Dark Wood's account of environmentalists' corruption of science, and their arrogant destruction and nihilistic, cynical, mocking and vicious cruelty towards human beings, will make any reader with a civilized sense of life livid with rage at what environmentalists are getting away with -- in the name of "science" no less.
Yet the book provides an optimistic sign of hope because it clearly illustrates how environmentalist-caused injustices have succeeded through dishonesty, ignorance, and default -- environmentalist ideologues have smuggled their agenda into American society without subjecting their most fundamental values, concepts and methods to examination by the public or by an often gullible and sympathetic press. As depressing and maddening as the book's message is, therefore, it is also grounds for optimism because it shows clearly that despite contemporary environmentalism's widespread destructiveness, the national debate over environmentalist values and concepts has barely begun.

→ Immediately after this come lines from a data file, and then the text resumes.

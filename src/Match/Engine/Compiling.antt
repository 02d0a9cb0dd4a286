-- ===== src/Match/Engine/Compiling.antt =====
-- `GroupBuilder::predicate` and `GroupBuilder::node`, as the builder changes: what they return is
-- right for the leaf and for the condition. Leaves share a predicate where their serialized forms
-- are equal, so the leaves in use must be told apart by those.
use goliath_siem.Base.{
  ℕ, ◌≡◌, inl, inr, sym, subst, ◌∙◌, Option, none, some, Option-cases, List, Text,
}
use goliath_siem.Rule.Resolved
use goliath_siem.Rule.Resolved.{Expr, Exprs, RegexFlags}
use goliath_siem.Crates.{Crates}
use goliath_siem.Match.Laws.{Laws}
use goliath_siem.Match.Reference.{ok, ◌>>=◌, >>=-eq-ok}
use goliath_siem.Match.Engine.{Node, Nodes, and, or, not_node, nil, cons}
use goliath_siem.Match.Engine.Builder.{
  B, Leaf, predicate_id, leaf_pred, push_pred, add_predicate, add_node, add_nodes, leaf_node,
}
use goliath_siem.Match.Engine.Grow.{IsTidy}
use goliath_siem.Match.Engine.RegexLeaf.{RequiresSound}
use goliath_siem.Match.Engine.LeafPred.{IsLeafPred}
use goliath_siem.Match.Engine.Leaves.{field_leaf_lem, keyword_leaf_lem}
use goliath_siem.Match.Engine.Conditions.{
  Follows-refl, Follows-trans, IsEntry, Computes, ComputesAll, computes_and, computes_or,
  computes_not, computes_leaf, computes_nil, computes_cons, Computes-Follows,
}
use goliath_siem.Match.Engine.Sound.{
  HasLeaves, HaveLeaves, leaves_and, leaves_or, leaves_not, leaves_field, leaves_keyword,
  leaves_nil, leaves_cons, IsLeaf, field_leaf, keyword_leaf, AreApart, IsSound, Advances,
  Advances-trans, Grows-Follows, IsSound-Grows, IsSound-push, Follows-push, entry_push,
}

module _ (c : Crates) (required_literals : Text → RegexFlags → Option (List Text))
    (Known : Expr c.Float → Type 0) where
  open c use {Float, Regex, expr_json}

  module _ (laws : Laws c) (requires : RequiresSound c required_literals)
      (apart : AreApart c required_literals Known) where
    leaf_pred_lem :
        (b : B c required_literals) (leaf : Expr Float)
        → IsLeaf leaf
        → IsTidy b
        → (r : Leaf c required_literals) → leaf_pred c required_literals b leaf ≡ ok r
        → IsLeafPred c required_literals b leaf r
    unfolding leaf_pred
    leaf_pred_lem b _ (field_leaf p) tidy r h =
        field_leaf_lem c required_literals laws requires b p.paths p.test tidy r h
    leaf_pred_lem b _ (keyword_leaf test) tidy r h =
        keyword_leaf_lem c required_literals laws requires b test tidy r h

    add_predicate-known :
        (b : B c required_literals) (leaf : Expr Float) (id : ℕ)
        → predicate_id (expr_json leaf) b.predicate_ids ≡ some id
        → add_predicate c required_literals b leaf ≡ ok (b, id)
    unfolding add_predicate
    add_predicate-known b leaf id e = rw (e, add_predicate)

    add_predicate-fresh :
        (b : B c required_literals) (leaf : Expr Float)
        → predicate_id (expr_json leaf) b.predicate_ids ≡ none
        → add_predicate c required_literals b leaf ≡ (
            leaf_pred c required_literals b leaf >>= λ result.
            ok (push_pred c required_literals (expr_json leaf) result))
    unfolding add_predicate
    add_predicate-fresh b leaf e = rw (e, add_predicate)

    push_pred_lem :
        (b : B c required_literals) (leaf : Expr Float) (l : Leaf c required_literals)
        → Known leaf
        → IsSound c required_literals Known b
        → IsLeafPred c required_literals b leaf l
        → Advances c required_literals Known b (push_pred c required_literals (expr_json leaf) l).0
          × IsEntry c required_literals
              (push_pred c required_literals (expr_json leaf) l).0
              (push_pred c required_literals (expr_json leaf) l).1
              leaf
    unfolding push_pred
    push_pred_lem b leaf (b', p, atom) known sound made =
        let sound' = IsSound-Grows c required_literals Known b b' sound made.grows in
        (
          record {
            follows =
                Follows-trans c required_literals b b' _
                  (Grows-Follows c required_literals Known b b' made.grows)
                  (Follows-push c required_literals Known b' (expr_json leaf) p atom);
            sound = IsSound-push c required_literals Known b' leaf p atom sound' known made.right;
          },
          entry_push c required_literals Known b' (expr_json leaf) p atom leaf made.right
              sound'.atoms_length,
        )

    -- A new leaf is pushed; a leaf whose serialized form is there is the leaf that it was made for.
    add_predicate_lem :
        (b : B c required_literals) (leaf : Expr Float)
        → IsLeaf leaf
        → Known leaf
        → IsSound c required_literals Known b
        → (r : B c required_literals × ℕ) → add_predicate c required_literals b leaf ≡ ok r
        → Advances c required_literals Known b r.0 × IsEntry c required_literals r.0 r.1 leaf
    add_predicate_lem b leaf is known sound r h =
        elim (Option-cases (predicate_id (expr_json leaf) b.predicate_ids)) [
          | inr (id, e) ↦
              let found = add_predicate-known b leaf id e in
              let same : (b, id) ≡ r = cc in
              let (l, k, j, entry) = sound.keyed (expr_json leaf) id e in
              let entry' : IsEntry c required_literals b id leaf =
                subst (λ x. IsEntry c required_literals b id x) (apart l leaf k known j) entry in
              rw (← same)
                (record { follows = Follows-refl c required_literals b; sound = sound }, entry')
          | inl e ↦
              let (l, e₁, e₂) = >>=-eq-ok _ _ (sym (add_predicate-fresh b leaf e) ∙ h) in
              let same : push_pred c required_literals (expr_json leaf) l ≡ r = cc in
              rw (← same)
                (push_pred_lem b leaf l known sound (leaf_pred_lem b leaf is sound.tidy l e₁))
        ]

    leaf_node_lem :
        (b : B c required_literals) (leaf : Expr Float)
        → IsLeaf leaf
        → Known leaf
        → IsSound c required_literals Known b
        → (r : B c required_literals × Node)
        → (add_predicate c required_literals b leaf >>= λ result.
            ok (leaf_node c required_literals result))
          ≡ ok r
        → Advances c required_literals Known b r.0 × Computes c required_literals r.0 leaf r.1
    leaf_node_lem b leaf is known sound r h =
        let (x, e₁, e₂) = >>=-eq-ok _ _ h in
        let (advances, entry) = add_predicate_lem b leaf is known sound x e₁ in
        let same : leaf_node c required_literals x ≡ r = cc in
        rw (← same) (advances, computes_leaf entry)

    mutual
      unfolding add_node

      add_node-Computes :
          (b : B c required_literals) {e : Expr Float}
          → HasLeaves Known e
          → IsSound c required_literals Known b
          → (r : B c required_literals × Node) → add_node c required_literals b e ≡ ok r
          → Advances c required_literals Known b r.0 × Computes c required_literals r.0 e r.1
      add_node-Computes b (leaves_field {p = p} known) sound r h =
          leaf_node_lem b (Resolved.field p) (field_leaf p) known sound r h
      add_node-Computes b (leaves_keyword {test = test} known) sound r h =
          leaf_node_lem b (Resolved.keyword test) (keyword_leaf test) known sound r h
      add_node-Computes b (leaves_not {e = e} known) sound r h =
          let (x, e₁, e₂) = >>=-eq-ok _ _ h in
          let (advances, computes) = add_node-Computes b known sound x e₁ in
          let same : (x.0, not_node x.1) ≡ r = cc in rw (← same) (advances, computes_not computes)
      add_node-Computes b (leaves_and known) sound r h =
          let (x, e₁, e₂) = >>=-eq-ok _ _ h in
          let (advances, computes) = add_nodes-Computes b known sound x e₁ in
          let same : (x.0, and x.1) ≡ r = cc in rw (← same) (advances, computes_and computes)
      add_node-Computes b (leaves_or known) sound r h =
          let (x, e₁, e₂) = >>=-eq-ok _ _ h in
          let (advances, computes) = add_nodes-Computes b known sound x e₁ in
          let same : (x.0, or x.1) ≡ r = cc in rw (← same) (advances, computes_or computes)

      add_nodes-Computes :
          (b : B c required_literals) {es : Exprs Float}
          → HaveLeaves Known es
          → IsSound c required_literals Known b
          → (r : B c required_literals × Nodes) → add_nodes c required_literals b es ≡ ok r
          → Advances c required_literals Known b r.0 × ComputesAll c required_literals r.0 es r.1
      add_nodes-Computes b leaves_nil sound r h =
          let same : (b, nil) ≡ r = cc in
          rw (← same)
            (record { follows = Follows-refl c required_literals b; sound = sound }, computes_nil)
      add_nodes-Computes b (leaves_cons known knowns) sound r h =
          let (x, e₁, e₂) = >>=-eq-ok _ _ h in
          let (y, e₃, e₄) = >>=-eq-ok _ _ e₂ in
          let (advances, computes) = add_node-Computes b known sound x e₁ in
          let (advances', all) = add_nodes-Computes x.0 knowns advances.sound y e₃ in
          let same : (y.0, cons x.1 y.1) ≡ r = cc in
          rw (← same) (
            Advances-trans c required_literals Known b x.0 y.0 advances advances',
            computes_cons (Computes-Follows c required_literals x.0 y.0 advances'.follows computes)
                all,
          )

    -- Where the crates keep their laws, matched texts contain a literal that their expression
    -- requires, and the serialized forms tell the known leaves apart: over a sound builder, for a
    -- condition whose leaves are known, what `GroupBuilder::node` returns computes the condition, and
    -- the builder stays sound and keeps all that it had. A node computes a condition where it has its
    -- shape, and for each leaf a predicate that holds for exactly the events for which the leaf
    -- holds, where a regular expression holds of a string's or a number's text, and never of a
    -- boolean.
    pub add_node_lem :
        (b : B c required_literals) {e : Expr Float}
        → HasLeaves Known e
        → IsSound c required_literals Known b
        → (r : B c required_literals × Node) → add_node c required_literals b e ≡ ok r
        → Advances c required_literals Known b r.0 × Computes c required_literals r.0 e r.1
    add_node_lem b known sound r h = add_node-Computes b known sound r h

Chase's main goal is to change how people think about "ecosystems" and other unexamined premises of environmentalism: the premises which underly its goals and tactics, its allegedly scientific concepts and methodology, its claimed scientific facts, and its value system. If the book is widely read, it is bound to do just that.
A serious practical question, however, is: How many more people will be needlessly hurt by runaway environmentalist ideology before the scam is stopped? With Secretary of the Interior Bruce Babitt's recent political decision to list a sub-species of Atlantic Salmon under the Endangered Species Act in eastern Maine -- after reneging on an agreement not to -- time is running out.
Chase has correctly identified environmentalist ideology as an evil idea, but in emphasizing the importance of ideas and values, he writes that his book is "a tale without heroes or villains, in which the bad guy isn't a person at all but an idea", and that the problem is bad ideas mistakenly followed by mostly well-meaning people (who are often portrayed sympathetically in the book). But evil ideas can only be allowed to do harm by real people implementing them. Each of us -- including environmentalist activists and Republican "moderates" who refuse to stop funding the supposedly expired Endagnered Species Act -- is responsible for making his own moral choices based on his own principles and his own willingness or not to think responsibly about his premises and their consequences when put into action.
Readers of Dark Wood can determine for themselves whether they really believe mistakes of this magnitude can be made innocently by "well meaning people" -- whether in Nazi Germany and its cultural precursors, or in America today.